Anghel attended Anne's funeral upon the invitation of Anne's surviving family members, including Neil. At the funeral, the authorities presented a warrant of arrest to Anghel, to which he surrendered. As he leaves the cemetery, he sees Cora, who hugs him one last time before entering the prison, much to the delight of other prisoners chanting his real father, Baby Ama's name.

==Cast==
- Robin Padilla as Anghel, the titular "son of Baby Ama"
- Eddie Rodriguez as Ramon, the leader of the crime syndicate, whom Anghel worked for
- Amy Perez as Anne Lardizabal, Anghel's girlfriend
- Ilonah Jean as Cora
- Allan Paule as Mark, one of the people who drugged and raped Anne to her death
- Bembol Roco as Junior Bahala
- Gina Pareño as Anghel's Mother
- Gino Antonio as Neil Lardizabal, Anne's brother
- Rosemarie Gil as Mrs.
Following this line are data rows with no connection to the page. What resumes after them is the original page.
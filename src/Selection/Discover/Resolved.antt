-- ===== src/Selection/Discover/Resolved.antt =====
-- What the lookup of the named resources finds.
use crossplane_diff.Prelude.{
  ◌≡◌, refl, subst, ◌⊎◌, inl, inr, true, false, Option, none, some, List, [], ◌∷◌, arith,
}
use crossplane_diff.Text.{Text}
use crossplane_diff.Objects.{Fields}
use crossplane_diff.Objects.Api.{Api, Gvk}
use crossplane_diff.Result.{Result, ok, err, panic, both_ok}
use crossplane_diff.Ref.{NamespacedName}
use crossplane_diff.Selection.Paths.{Accessors, resource_uses_composition}
use crossplane_diff.Selection.State.{ClusterReads}
use crossplane_diff.Selection.Find.{DefinitionClient}
use crossplane_diff.Selection.Discover.{
  CompositeTypes, Machinery, if_it_uses, try_lookup_at_gvk, or_claim, lookup_ref, prepend,
  lookup_refs,
}

module _ (api : Api) (at : Accessors) (cluster : ClusterReads) (machinery : Machinery)
    (definitions : DefinitionClient) (name : Text) where
  abbrev pub Fetched : Gvk → NamespacedName → Fields → Type 0
  Fetched gvk n obj = cluster.get_resource gvk n.namespace n.name ≡ ok obj

  -- A resource of the type is there under the name and uses the composition.
  abbrev pub Uses : Gvk → NamespacedName → Fields → Type 0
  Uses gvk n obj = Fetched gvk n obj × (resource_uses_composition api obj name ≡ true)

  -- None is there, or the one that is there does not use it.
  abbrev pub Misses : Gvk → NamespacedName → Type 0
  Misses gvk n =
      ((e : _) × (cluster.get_resource gvk n.namespace n.name ≡ err e)
        × (machinery.is_not_found e ≡ true))
      ⊎ ((obj : Fields) × Fetched gvk n obj × (resource_uses_composition api obj name ≡ false))

  abbrev pub NoClaim : CompositeTypes → NamespacedName → Type 0
  NoClaim types n = elim types.claim_gvk [ none ↦ Unit | some gvk ↦ Misses gvk n ]

  -- Each name is resolved in its turn: to the composite that uses the composition, else to the
  -- claim that does, else to nothing.
  pub data Resolved (types : CompositeTypes) : List NamespacedName → List Fields → Type 0 where
    all_done : Resolved types [] []
    composite :
        {n : NamespacedName} {ns : List NamespacedName} {obj : Fields} {found : List Fields}
        → Uses types.xr_gvk n obj
        → Resolved types ns found
        → Resolved types (n ∷ ns) (obj ∷ found)
    claim :
        {n : NamespacedName} {ns : List NamespacedName} {obj : Fields} {found : List Fields}
        (gvk : Gvk)
        → Misses types.xr_gvk n
        → types.claim_gvk ≡ some gvk
        → Uses gvk n obj
        → Resolved types ns found
        → Resolved types (n ∷ ns) (obj ∷ found)
    dropped :
        {n : NamespacedName} {ns : List NamespacedName} {found : List Fields}
        → Misses types.xr_gvk n
        → NoClaim types n
        → Resolved types ns found
        → Resolved types (n ∷ ns) found

  abbrev Outcome : Gvk → NamespacedName → Option Fields → Type 0
  Outcome gvk n none = Misses gvk n
  Outcome gvk n (some obj) = Uses gvk n obj

  used-Outcome :
      (gvk : Gvk) (n : NamespacedName) (got : Result Fields) (found : Option Fields)
      → cluster.get_resource gvk n.namespace n.name ≡ got
      → if_it_uses api at cluster machinery definitions gvk n name got ≡ ok found
      → Outcome gvk n found
  unfolding if_it_uses
  used-Outcome gvk n panic found e h = absurd (ground (arith, h))
  used-Outcome gvk n (err f) none e h = inl (f, e, ground (arith, h))
  used-Outcome gvk n (err f) (some obj) e h = absurd (ground (arith, h))
  used-Outcome gvk n (ok got) none e h = inr (got, e, ground (arith, h))
  used-Outcome gvk n (ok got) (some obj) e h =
      let uses : resource_uses_composition api got name ≡ true = ground (arith, h) in
      let same : got ≡ obj = ground (arith, h, uses) in subst (λ o. Uses gvk n o) same (e, uses)

  looked_up-Outcome :
      (gvk : Gvk) (n : NamespacedName) (found : Option Fields)
      → try_lookup_at_gvk api at cluster machinery definitions gvk n name ≡ ok found
      → Outcome gvk n found
  unfolding try_lookup_at_gvk
  looked_up-Outcome gvk n found h = used-Outcome gvk n _ found refl h

  module _ (xr_gvk : Gvk) where
    abbrev with_claim : Option Gvk → CompositeTypes
    with_claim claim_gvk = record { xr_gvk = xr_gvk; claim_gvk = claim_gvk }

    -- One name, from the outcome at the XR's type on.
    then_claim :
        (claim_gvk : Option Gvk) (n : NamespacedName) {ns : List NamespacedName}
        {found : List Fields} (first obj : Option Fields)
        → Outcome xr_gvk n first
        → or_claim api at cluster machinery definitions (with_claim claim_gvk) n name first ≡ ok obj
        → Resolved (with_claim claim_gvk) ns found
        → Resolved (with_claim claim_gvk) (n ∷ ns) (prepend obj found)
    unfolding or_claim
    then_claim claim_gvk n (some x) none h e r = absurd (ground (arith, e))
    then_claim claim_gvk n (some x) (some obj) h e r =
        composite (subst (λ o. Uses xr_gvk n o) (ground (arith, e)) h) r
    then_claim none n none none h e r = dropped h tt r
    then_claim none n none (some obj) h e r = absurd (ground (arith, e))
    then_claim (some gvk) n none none h e r = dropped h (looked_up-Outcome gvk n none e) r
    then_claim (some gvk) n none (some obj) h e r =
        claim gvk h refl (looked_up-Outcome gvk n (some obj) e) r

    -- Where no lookup failed, each name on the command line is resolved in its turn: to the XR of
    -- the composition's type that has the name, if it uses the composition, else to the claim of
    -- the name that does, else to nothing; and nothing else is found.
    pub lookup_refs-Resolved :
        (claim_gvk : Option Gvk) (refs : List NamespacedName) (found : List Fields)
        → lookup_refs api at cluster machinery definitions (with_claim claim_gvk) name refs
          ≡ ok found
        → Resolved (with_claim claim_gvk) refs found
    unfolding lookup_refs lookup_ref
    lookup_refs-Resolved claim_gvk [] found e =
        subst (λ l. Resolved (with_claim claim_gvk) [] l) (ground (arith, e)) all_done
    lookup_refs-Resolved claim_gvk (n ∷ ns) found e =
        let (obj, later, looked) = both_ok _ _ e in
        let (rest, last, earlier) = both_ok _ _ later in
        let (first, second, tried) = both_ok _ _ looked in
        subst (λ l. Resolved (with_claim claim_gvk) (n ∷ ns) l) (ground (arith, last))
          (then_claim claim_gvk n first obj (looked_up-Outcome xr_gvk n first tried) second
            (lookup_refs-Resolved claim_gvk ns rest earlier))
Lardizabal, Anne and Neil's mother
- Romeo Rivera as Mr. Lardizabal, Anne and Neil's father
- Subas Herrero as Johnny Roa, a notorious drug lord
- Romy Diaz as Larry
- Dick Israel as Boy Dugas, one of Ramon's close associates who later betrayed him
- Eva Darren as Aida
- Val Iglesias as Victor
- Jordan Castillo as Julio
- Manjo Del Mundo as Cora's Lover

==Production==
The film was supposed to be part of the 1990 Metro Manila Film Festival but was not chosen as part of the six entries.

===Filming===
To create a unique effect, lead star Robin Padilla rode a motorcycle in the chase scene, rather than a car. He used it again on the scene where he destroyed the debut cake for Amy Perez's character.